Market research showed the 59-seat BAC 107 was too small, and the design was reworked in 1961, with passenger capacity growing to 80 seats, and BS75s being discarded in favour of Rolls-Royce Speys. The revised design was redesignated the BAC 111 (later known as the One-Eleven), with BAC abandoning the VC11 project to concentrate on the more promising One-Eleven. Unlike contemporary British airliners such as the Hawker Siddeley Trident, the One-Eleven was not designed specifically to meet the needs of the state-owned British European Airways or British Overseas Airways Corporation, but on the needs of airlines around the world, and BAC expected orders for as many as 400.

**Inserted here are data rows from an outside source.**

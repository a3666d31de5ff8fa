-- ===== src/Clock.antt =====
-- Go's package time, as far as the program uses it: an instant is the number of nanoseconds since
-- the Unix epoch, a Duration an int64 number of nanoseconds.
use epochd.Base.{ℕ, ◌+◌, ◌-◌, ◌*◌, ◌/◌, ◌%◌, ◌^◌, ◌<◌, ◌≡◌, Bool, arith, if◌then◌else◌}
use epochd.Base.Int.{ℤ, pos, negsuc, sub_ℕ, ◌+ℤ◌, ◌-ℤ◌, ◌*ℤ◌, ltb_ℤ, eqb_ℤ, int_laws}
use epochd.Base.Word.{IsInt64}

abbrev pub Time : Type 0
Time = ℤ

abbrev pub Duration : Type 0
Duration = ℤ

-- Nanoseconds in a second.
abbrev pub second : ℕ
second = 1_000_000_000

-- Year 1, January 1: the zero value of time.Time.
abbrev pub zero_time : Time
zero_time = negsuc (62_135_596_800 * 1_000_000_000 - 1)

abbrev pub is_zero : Time → Bool
is_zero t = eqb_ℤ t zero_time

-- t.After(u), t.Before(u)
abbrev pub after : Time → Time → Bool
after t u = ltb_ℤ u t

abbrev pub before : Time → Time → Bool
before t u = ltb_ℤ t u

-- t.Add(d)
abbrev pub add : Time → Duration → Time
add t d = t +ℤ d

abbrev min_duration : Duration
min_duration = negsuc (2 ^ 63 - 1)

abbrev max_duration : Duration
max_duration = pos (2 ^ 63 - 1)

-- t.Sub(u), which saturates at the ends of int64.
unfoldable pub sub : Time → Time → Duration
sub t u =
    let d = t -ℤ u in
    if ltb_ℤ d min_duration then min_duration else if ltb_ℤ max_duration d then max_duration else d

-- t.Unix(): whole seconds, rounded down.
unfoldable pub unix : Time → ℤ
unix (pos n) = pos (n / second)
unix (negsuc n) = negsuc (n / second)

-- t.Nanosecond(): what is left, in [0, second).
unfoldable pub nanosecond : Time → ℕ
nanosecond (pos n) = n % second
nanosecond (negsuc n) = second - 1 - n % second

-- d / time.Second and d % time.Second, which round towards zero.
unfoldable pub quot_second : Duration → ℤ
quot_second (pos n) = pos (n / second)
quot_second (negsuc n) = sub_ℕ 0 ((n + 1) / second)

unfoldable pub rem_second : Duration → ℤ
rem_second (pos n) = pos (n % second)
rem_second (negsuc n) = sub_ℕ 0 ((n + 1) % second)

pub unix-nanosecond : (t : Time) → unix t *ℤ second +ℤ pos (nanosecond t) ≡ t
unfolding unix nanosecond ◌*ℤ◌ ◌+ℤ◌
unix-nanosecond (pos n) = ground arith
unix-nanosecond (negsuc n) = ground arith

pub nanosecond-lt : (t : Time) → nanosecond t < second
unfolding nanosecond
nanosecond-lt (pos n) = omega arith
nanosecond-lt (negsuc n) = omega arith

pub quot_second-rem : (d : Duration) → quot_second d *ℤ second +ℤ rem_second d ≡ d
unfolding quot_second rem_second ◌*ℤ◌ ◌+ℤ◌
quot_second-rem (pos n) = ground arith
quot_second-rem (negsuc n) = ground arith

-- A span that int64 can hold is not clamped.
pub sub-eq : (t u : Time) → IsInt64 (t -ℤ u) → sub t u ≡ t -ℤ u
unfolding sub
sub-eq t u h = ground arith

-- The span that `sub` gives is an int64.
pub sub-IsInt64 : (t u : Time) → IsInt64 (sub t u)
unfolding sub
sub-IsInt64 t u = ground arith

pub add-sub : (t u : Time) → IsInt64 (t -ℤ u) → add u (sub t u) ≡ t
add-sub t u h = rw (sub-eq t u h) (omega int_laws)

On 9 May 1961 the One-Eleven was publicly launched when British United Airways placed the first order for ten One-Eleven 200s. On 20 October Braniff International Airways in the United States ordered six. Mohawk Airlines sent representatives to Europe seeking out a new aircraft to bring them into the jet era, and on 24 July 1962 concluded an agreement for four One-Elevens. Orders followed from Kuwait Airways for three, and Central African Airways for two. Braniff subsequently doubled their order to 12, while Ireland's Aer Lingus ordered four. Western Airlines ordered ten but later cancelled. Bonanza Air Lines also ordered three in 1962 but was stopped by the US Civil Aeronautics Board (CAB), which claimed that subsidies would be needed to operate a jet on Bonanza's routes, an action claimed by some at the time to be protectionism. The CAB also stopped Frontier Airlines and Ozark Air Lines from ordering One-Elevens, although allowing Ozark to order the similar Douglas DC-9 and Frontier to order Boeing 727-100s. The CAB had also unsuccessfully tried to block Mohawk's orders.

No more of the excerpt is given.